Why This Matters
Does a new drug actually work, or did patients just get lucky? Does version B of your website genuinely convert better than version A, or is the difference just random noise? Hypothesis testing gives you a rigorous framework to answer these questions. Instead of guessing, you compute the probability of seeing your data if there were no real effect. If that probability is tiny, you conclude the effect is real.
The null hypothesis (H0) is the default assumption — usually "there is no effect" or "there is no difference." The p-value measures how surprising your data is under the null hypothesis. A small p-value (typically less than 0.05) means the data is very unlikely if H0 were true, so you reject H0 in favor of the alternative. This framework is the backbone of scientific research, clinical trials, quality control, and every A/B test run by every tech company.
Define Terms
Visual Model
The full process at a glance. Click Start tour to walk through each step.
Hypothesis testing: state H0, collect data, compute a test statistic, find the p-value, and make a decision.
Code Example
// Z-test: is the sample mean significantly different from mu0?
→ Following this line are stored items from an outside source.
-- ===== src/Storage/Paths.antt =====
-- The names of the files of microblocks (Storage.ts). A text is the list of its characters.
use carmentis_node.Base.{
  ℕ, zero, suc, ◌+◌, ◌-◌, ◌*◌, ◌/◌, ◌%◌, Bool, true, not, ◌&&◌, ◌||◌, List, [], ◌∷◌, ◌++◌, Bytes,
  ltb, leb, ◌==◌, if◌then◌else◌, length, get_or, replicate, take, drop,
}

-- `Utils.decodeDay`, `Date.UTC` in seconds, and `path.join`.
pub record Calendar : Type 0 where
  pub decode_day : ℕ → ℕ × ℕ × ℕ
  pub utc_seconds : ℕ → ℕ → ℕ → ℕ
  pub join : Bytes → Bytes → Bytes

-- A digit of a base up to 16: `0` to `9`, then `a` to `f`.
abbrev pub digit : ℕ → ℕ
digit d = if ltb d 10 then 48 + d else 87 + d

-- `n.toString(base)`, with at most as many digits as the fuel says
unfoldable pub digits : ℕ → ℕ → ℕ → Bytes
digits zero base n = []
digits (suc fuel) base n =
    let front = digits fuel base (n / base) in
    if ltb n base then digit n ∷ [] else front ++ (digit (n % base) ∷ [])

-- A number has no more digits than its successor.
abbrev pub to_string : ℕ → ℕ → Bytes
to_string base n = digits (suc n) base n

-- `text.padStart(2, '0')`
abbrev pub pad_start : Bytes → Bytes
pad_start text = replicate (2 - length text) 48 ++ text

-- `Storage.getFileIdentifier`
unfoldable pub get_file_identifier : ℕ → Bytes → ℕ
get_file_identifier expiration_day hash =
    if expiration_day == 0 then 0xff000000 + get_or hash 0 0 else expiration_day

-- `.bin`
abbrev pub extension : Bytes
extension = 46 ∷ 98 ∷ 105 ∷ 110 ∷ []

-- `endless`
abbrev pub endless_directory_name : Bytes
endless_directory_name = 101 ∷ 110 ∷ 100 ∷ 108 ∷ 101 ∷ 115 ∷ 115 ∷ []

module _ (calendar : Calendar) where
  -- The directory and the name, without its extension, of a file.
  unfoldable pub directory_of : ℕ → Bytes
  directory_of file_identifier =
      if ltb file_identifier 0xff000000
      then to_string 10 (calendar.decode_day file_identifier).0
      else endless_directory_name

  unfoldable pub filename_of : ℕ → Bytes
  filename_of file_identifier =
      let (year, month, day) = calendar.decode_day file_identifier in
      if ltb file_identifier 0xff000000
      then to_string 10 year ++ (pad_start (to_string 10 month) ++ pad_start (to_string 10 day))
      else pad_start (to_string 16 (file_identifier % 256))

  -- `getFilePath`; the directory that it makes is left out
  unfoldable pub get_file_path : Bytes → ℕ → Bytes
  unfolding directory_of filename_of
  get_file_path path file_identifier =
      calendar.join (calendar.join path (directory_of file_identifier))
        (filename_of file_identifier ++ extension)

-- `\d`
abbrev pub is_digit : ℕ → Bool
is_digit c = leb 48 c && leb c 57

unfoldable pub all_digits : Bytes → Bool
all_digits [] = true
all_digits (c ∷ text) = is_digit c && all_digits text

-- `/^\d{4}$/` and `/^(\d{4})(\d{2})(\d{2})$/`
abbrev pub is_directory_name : Bytes → Bool
is_directory_name name = (length name == 4) && all_digits name

abbrev pub is_file_name : Bytes → Bool
is_file_name name = (length name == 8) && all_digits name

-- `Number` of a text of digits
unfoldable pub number_of : ℕ → Bytes → ℕ
number_of n [] = n
number_of n (c ∷ text) = number_of (n * 10 + (c - 48)) text

-- What `readdir` gives: a file, or a directory with its files.
pub record SubEntry : Type 0 where
  pub name : Bytes
  pub is_file : Bool

pub record RootEntry : Type 0 where
  pub name : Bytes
  pub is_directory : Bool
  pub entries : List SubEntry

module _ (calendar : Calendar) where
  abbrev pub expiration_day : Bytes → ℕ
  expiration_day name =
      calendar.utc_seconds (number_of 0 (take 4 name)) (number_of 0 (take 2 (drop 4 name)))
        (number_of 0 (drop 6 name))

  -- The inner loop of `getFilesWithExpirationDayBefore`.
  unfoldable pub expired_in : Bytes → ℕ → List SubEntry → List Bytes
  expired_in sub_path day_timestamp [] = []
  expired_in sub_path day_timestamp (e ∷ entries) =
      let rest = expired_in sub_path day_timestamp entries in
      if not e.is_file || not (is_file_name e.name)
      then rest
      else if ltb (expiration_day e.name) day_timestamp
      then calendar.join sub_path e.name ∷ rest
      else rest

  -- `getFilesWithExpirationDayBefore`
  unfoldable pub get_files_with_expiration_day_before : Bytes → ℕ → List RootEntry → List Bytes
  get_files_with_expiration_day_before path day_timestamp [] = []
  get_files_with_expiration_day_before path day_timestamp (e ∷ entries) =
      let rest = get_files_with_expiration_day_before path day_timestamp entries in
      if not e.is_directory || not (is_directory_name e.name)
      then rest
      else expired_in (calendar.join path e.name) day_timestamp e.entries ++ rest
function zTest(data, mu0) {
const n = data.length;
const mean = data.reduce((a, b) => a + b, 0) / n;
const variance = data.reduce((a, b) => a + (b - mean) ** 2, 0) / (n - 1);
const se = Math.sqrt(variance / n);
const z = (mean - mu0) / se;
// Approximate two-tailed p-value using Normal CDF
// Using the error function approximation
function normalCDF(x) {
const t = 1 / (1 + 0.2316419 * Math.abs(x));
const d = 0.3989422804 * Math.exp(-x * x / 2);
const p = d * t * (0.3193815 + t * (-0.3565638 + t * (1.781478 + t * (-1.821256 + t * 1.330274))));
return x > 0 ? 1 - p : p;
}
const pValue = 2 * (1 - normalCDF(Math.abs(z)));
return { mean, z, pValue, se };
}
// Example: test if average is different from 100
const data = [102, 105, 98, 110, 97, 103, 108, 101, 106, 99,
104, 107, 95, 111, 100, 103, 109, 96, 105, 102];
const result = zTest(data, 100);
console.log(`Sample mean: ${result.mean.toFixed(2)}`);
console.log(`Z-statistic: ${result.z.toFixed(4)}`);
console.log(`P-value: ${result.pValue.toFixed(4)}`);
console.log(`Significant at 0.05? ${result.pValue < 0.05}`);
// Example: no real effect
const noEffect = [100, 101, 99, 100, 101, 99, 100, 100, 101, 99];
const result2 = zTest(noEffect, 100);
console.log(`\nNo-effect P-value: ${result2.pValue.toFixed(4)}`);
console.log(`Significant? ${result2.pValue < 0.05}`);Interactive Experiment
Try these exercises:
- Run the z-test with data that truly has mean 100 (generate random Normal(100, 10) samples). How often do you get p below 0.05? It should be about 5% of the time (false positives).
- Try sample sizes of 10, 50, and 200 from Normal(102, 10). For which sample size does the test detect the small effect (mean=102 vs. mu0=100)?
- Change alpha from 0.05 to 0.01. Does the same data set still get rejected? What is the tradeoff?
- Generate 20 independent tests where H0 is true. On average, how many show p below 0.05? This demonstrates the multiple testing problem.
- What happens to the z-statistic if you multiply all data by 10 but also change mu0 proportionally? Does the p-value change?
Quick Quiz
Coding Challenge
Write a function `performZTest(data, mu0, alpha)` that performs a two-tailed z-test. It should return 'reject' if the p-value is less than alpha, and 'fail to reject' otherwise. Compute z = (mean - mu0) / (sd / sqrt(n)) where sd uses n-1 in the denominator. For the p-value, use: pValue = 2 * (1 - normalCDF(|z|)) where normalCDF(x) = 0.5 * (1 + erf(x / sqrt(2))). For JavaScript, use this erf approximation: erf(x) = 1 - (1/(1 + 0.3275911*|x|))^2 * ... (or just use a simpler approach).
Real-World Usage
Hypothesis testing drives decisions across every industry:
- A/B testing at tech companies: Google, Netflix, and Amazon run thousands of A/B tests. Each test uses hypothesis testing to decide if a change improves engagement, revenue, or retention.
- Clinical drug trials: Before a drug reaches the market, randomized controlled trials use hypothesis tests to determine if the drug is more effective than a placebo. The FDA requires statistical significance.
- Manufacturing quality control: Statistical process control uses hypothesis tests to detect when a production line has drifted from its target specifications, triggering corrective action.
- Academic research: Nearly every scientific paper that claims a discovery uses hypothesis testing. The p below 0.05 threshold (though debated) remains the standard for publication.
- Fraud detection: Financial systems test whether transaction patterns are significantly different from normal behavior to flag potential fraud.